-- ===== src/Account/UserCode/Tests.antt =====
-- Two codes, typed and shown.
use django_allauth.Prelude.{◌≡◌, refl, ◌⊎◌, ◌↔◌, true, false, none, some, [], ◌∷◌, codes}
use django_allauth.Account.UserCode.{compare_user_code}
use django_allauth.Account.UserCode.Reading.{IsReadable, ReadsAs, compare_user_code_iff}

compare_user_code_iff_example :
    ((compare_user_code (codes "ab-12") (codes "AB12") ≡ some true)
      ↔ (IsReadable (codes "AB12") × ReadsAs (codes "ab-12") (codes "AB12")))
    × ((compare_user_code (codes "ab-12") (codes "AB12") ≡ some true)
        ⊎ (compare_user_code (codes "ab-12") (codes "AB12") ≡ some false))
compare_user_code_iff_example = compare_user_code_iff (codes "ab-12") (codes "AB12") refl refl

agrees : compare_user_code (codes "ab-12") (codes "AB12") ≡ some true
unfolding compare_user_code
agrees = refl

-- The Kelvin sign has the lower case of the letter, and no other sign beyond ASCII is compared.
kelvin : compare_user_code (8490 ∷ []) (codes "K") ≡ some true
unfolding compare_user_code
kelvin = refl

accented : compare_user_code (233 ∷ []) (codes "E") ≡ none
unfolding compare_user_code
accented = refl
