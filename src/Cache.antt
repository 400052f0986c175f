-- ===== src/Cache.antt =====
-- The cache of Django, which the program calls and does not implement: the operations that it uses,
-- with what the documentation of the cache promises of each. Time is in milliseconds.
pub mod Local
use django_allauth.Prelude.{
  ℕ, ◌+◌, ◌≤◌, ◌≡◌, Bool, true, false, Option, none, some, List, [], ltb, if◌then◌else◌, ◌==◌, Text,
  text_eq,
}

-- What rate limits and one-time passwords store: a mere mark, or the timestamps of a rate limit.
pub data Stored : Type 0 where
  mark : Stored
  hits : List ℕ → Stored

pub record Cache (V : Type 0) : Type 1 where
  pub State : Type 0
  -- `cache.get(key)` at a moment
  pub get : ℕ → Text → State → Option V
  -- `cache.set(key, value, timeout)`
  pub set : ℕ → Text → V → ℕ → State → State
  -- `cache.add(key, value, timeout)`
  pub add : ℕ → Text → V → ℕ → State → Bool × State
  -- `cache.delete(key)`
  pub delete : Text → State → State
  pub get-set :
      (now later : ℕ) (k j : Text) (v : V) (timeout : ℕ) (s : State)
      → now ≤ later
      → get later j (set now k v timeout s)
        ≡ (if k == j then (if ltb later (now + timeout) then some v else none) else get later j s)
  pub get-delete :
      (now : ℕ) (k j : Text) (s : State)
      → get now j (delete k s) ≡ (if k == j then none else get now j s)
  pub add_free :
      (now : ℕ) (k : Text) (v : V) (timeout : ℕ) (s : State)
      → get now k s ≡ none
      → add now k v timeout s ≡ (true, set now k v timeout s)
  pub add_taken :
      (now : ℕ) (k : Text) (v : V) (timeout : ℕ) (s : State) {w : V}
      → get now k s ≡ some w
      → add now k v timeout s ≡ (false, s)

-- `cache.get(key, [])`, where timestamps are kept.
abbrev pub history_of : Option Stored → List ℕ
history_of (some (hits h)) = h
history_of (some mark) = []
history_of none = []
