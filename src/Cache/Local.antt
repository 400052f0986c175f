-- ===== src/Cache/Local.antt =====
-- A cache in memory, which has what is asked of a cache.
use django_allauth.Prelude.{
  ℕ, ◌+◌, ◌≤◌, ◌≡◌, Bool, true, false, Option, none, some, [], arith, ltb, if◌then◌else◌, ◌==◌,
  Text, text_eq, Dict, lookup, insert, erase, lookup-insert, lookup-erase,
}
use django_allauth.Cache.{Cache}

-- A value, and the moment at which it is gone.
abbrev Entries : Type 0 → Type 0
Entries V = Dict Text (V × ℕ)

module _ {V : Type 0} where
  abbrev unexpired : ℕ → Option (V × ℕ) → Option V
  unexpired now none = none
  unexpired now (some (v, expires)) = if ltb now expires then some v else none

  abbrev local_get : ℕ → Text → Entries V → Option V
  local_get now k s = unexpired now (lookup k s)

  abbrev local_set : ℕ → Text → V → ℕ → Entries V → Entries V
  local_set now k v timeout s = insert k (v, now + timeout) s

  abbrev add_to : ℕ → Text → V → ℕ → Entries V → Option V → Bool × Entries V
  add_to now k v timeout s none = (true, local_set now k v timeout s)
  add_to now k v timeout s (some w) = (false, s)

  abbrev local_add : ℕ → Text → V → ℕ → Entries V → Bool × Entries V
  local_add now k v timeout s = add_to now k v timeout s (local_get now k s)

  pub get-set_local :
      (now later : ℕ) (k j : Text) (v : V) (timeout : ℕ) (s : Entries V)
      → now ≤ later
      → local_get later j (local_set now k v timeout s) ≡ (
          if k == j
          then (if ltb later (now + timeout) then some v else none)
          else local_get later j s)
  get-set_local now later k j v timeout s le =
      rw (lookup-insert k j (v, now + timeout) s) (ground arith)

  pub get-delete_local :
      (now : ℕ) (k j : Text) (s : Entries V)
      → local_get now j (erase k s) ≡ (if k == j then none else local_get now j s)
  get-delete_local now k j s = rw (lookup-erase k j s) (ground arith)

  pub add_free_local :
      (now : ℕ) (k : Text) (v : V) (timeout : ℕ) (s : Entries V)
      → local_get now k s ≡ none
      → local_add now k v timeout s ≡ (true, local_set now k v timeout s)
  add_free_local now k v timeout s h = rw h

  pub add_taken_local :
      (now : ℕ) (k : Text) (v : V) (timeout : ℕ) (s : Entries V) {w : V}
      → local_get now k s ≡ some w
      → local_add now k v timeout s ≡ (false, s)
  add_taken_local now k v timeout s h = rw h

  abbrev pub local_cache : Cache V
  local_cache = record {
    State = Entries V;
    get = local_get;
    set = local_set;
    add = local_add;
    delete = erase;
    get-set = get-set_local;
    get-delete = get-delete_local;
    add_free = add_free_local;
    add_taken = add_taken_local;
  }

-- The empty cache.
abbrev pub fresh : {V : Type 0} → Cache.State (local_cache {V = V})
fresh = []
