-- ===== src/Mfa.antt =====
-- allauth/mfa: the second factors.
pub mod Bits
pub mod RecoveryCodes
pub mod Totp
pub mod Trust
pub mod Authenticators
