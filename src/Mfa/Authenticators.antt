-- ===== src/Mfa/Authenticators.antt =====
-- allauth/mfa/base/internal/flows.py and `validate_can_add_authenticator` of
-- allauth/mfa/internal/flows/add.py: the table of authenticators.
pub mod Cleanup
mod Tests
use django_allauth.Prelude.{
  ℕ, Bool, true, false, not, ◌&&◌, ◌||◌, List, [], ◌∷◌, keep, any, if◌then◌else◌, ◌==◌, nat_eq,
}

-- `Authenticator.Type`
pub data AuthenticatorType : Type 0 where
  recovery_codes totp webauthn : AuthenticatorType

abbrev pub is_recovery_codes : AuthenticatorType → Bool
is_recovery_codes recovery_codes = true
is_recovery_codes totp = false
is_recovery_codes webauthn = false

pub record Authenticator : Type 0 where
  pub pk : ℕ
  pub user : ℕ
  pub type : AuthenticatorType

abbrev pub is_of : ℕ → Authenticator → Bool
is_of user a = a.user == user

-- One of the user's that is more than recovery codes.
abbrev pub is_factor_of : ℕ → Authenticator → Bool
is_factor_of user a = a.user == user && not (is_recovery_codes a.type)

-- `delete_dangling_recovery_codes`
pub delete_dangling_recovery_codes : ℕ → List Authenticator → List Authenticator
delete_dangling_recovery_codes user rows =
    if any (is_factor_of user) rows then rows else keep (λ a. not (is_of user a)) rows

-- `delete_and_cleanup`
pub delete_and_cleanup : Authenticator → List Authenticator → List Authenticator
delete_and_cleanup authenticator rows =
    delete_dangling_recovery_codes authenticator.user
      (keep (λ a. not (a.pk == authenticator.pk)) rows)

• YOUR GOAL:
The lines needed run from the first line of the data through the line containing "-- ===== src/Cache.antt"; give them again exactly and nothing else.

• THE COMPLETED TASK:
-- ===== src/Account/UserCode/Tests.antt =====
-- Two codes, typed and shown.
use django_allauth.Prelude.{◌≡◌, refl, ◌⊎◌, ◌↔◌, true, false, none, some, [], ◌∷◌, codes}
use django_allauth.Account.UserCode.{compare_user_code}
use django_allauth.Account.UserCode.Reading.{IsReadable, ReadsAs, compare_user_code_iff}

compare_user_code_iff_example :
    ((compare_user_code (codes "ab-12") (codes "AB12") ≡ some true)
      ↔ (IsReadable (codes "AB12") × ReadsAs (codes "ab-12") (codes "AB12")))
    × ((compare_user_code (codes "ab-12") (codes "AB12") ≡ some true)
        ⊎ (compare_user_code (codes "ab-12") (codes "AB12") ≡ some false))
compare_user_code_iff_example = compare_user_code_iff (codes "ab-12") (codes "AB12") refl refl

agrees : compare_user_code (codes "ab-12") (codes "AB12") ≡ some true
unfolding compare_user_code
agrees = refl

-- The Kelvin sign has the lower case of the letter, and no other sign beyond ASCII is compared.
kelvin : compare_user_code (8490 ∷ []) (codes "K") ≡ some true
unfolding compare_user_code
kelvin = refl

accented : compare_user_code (233 ∷ []) (codes "E") ≡ none
unfolding compare_user_code
accented = refl
filename src/Cache.antt
repository 400052f0986c175f
-- ===== src/Cache.antt =====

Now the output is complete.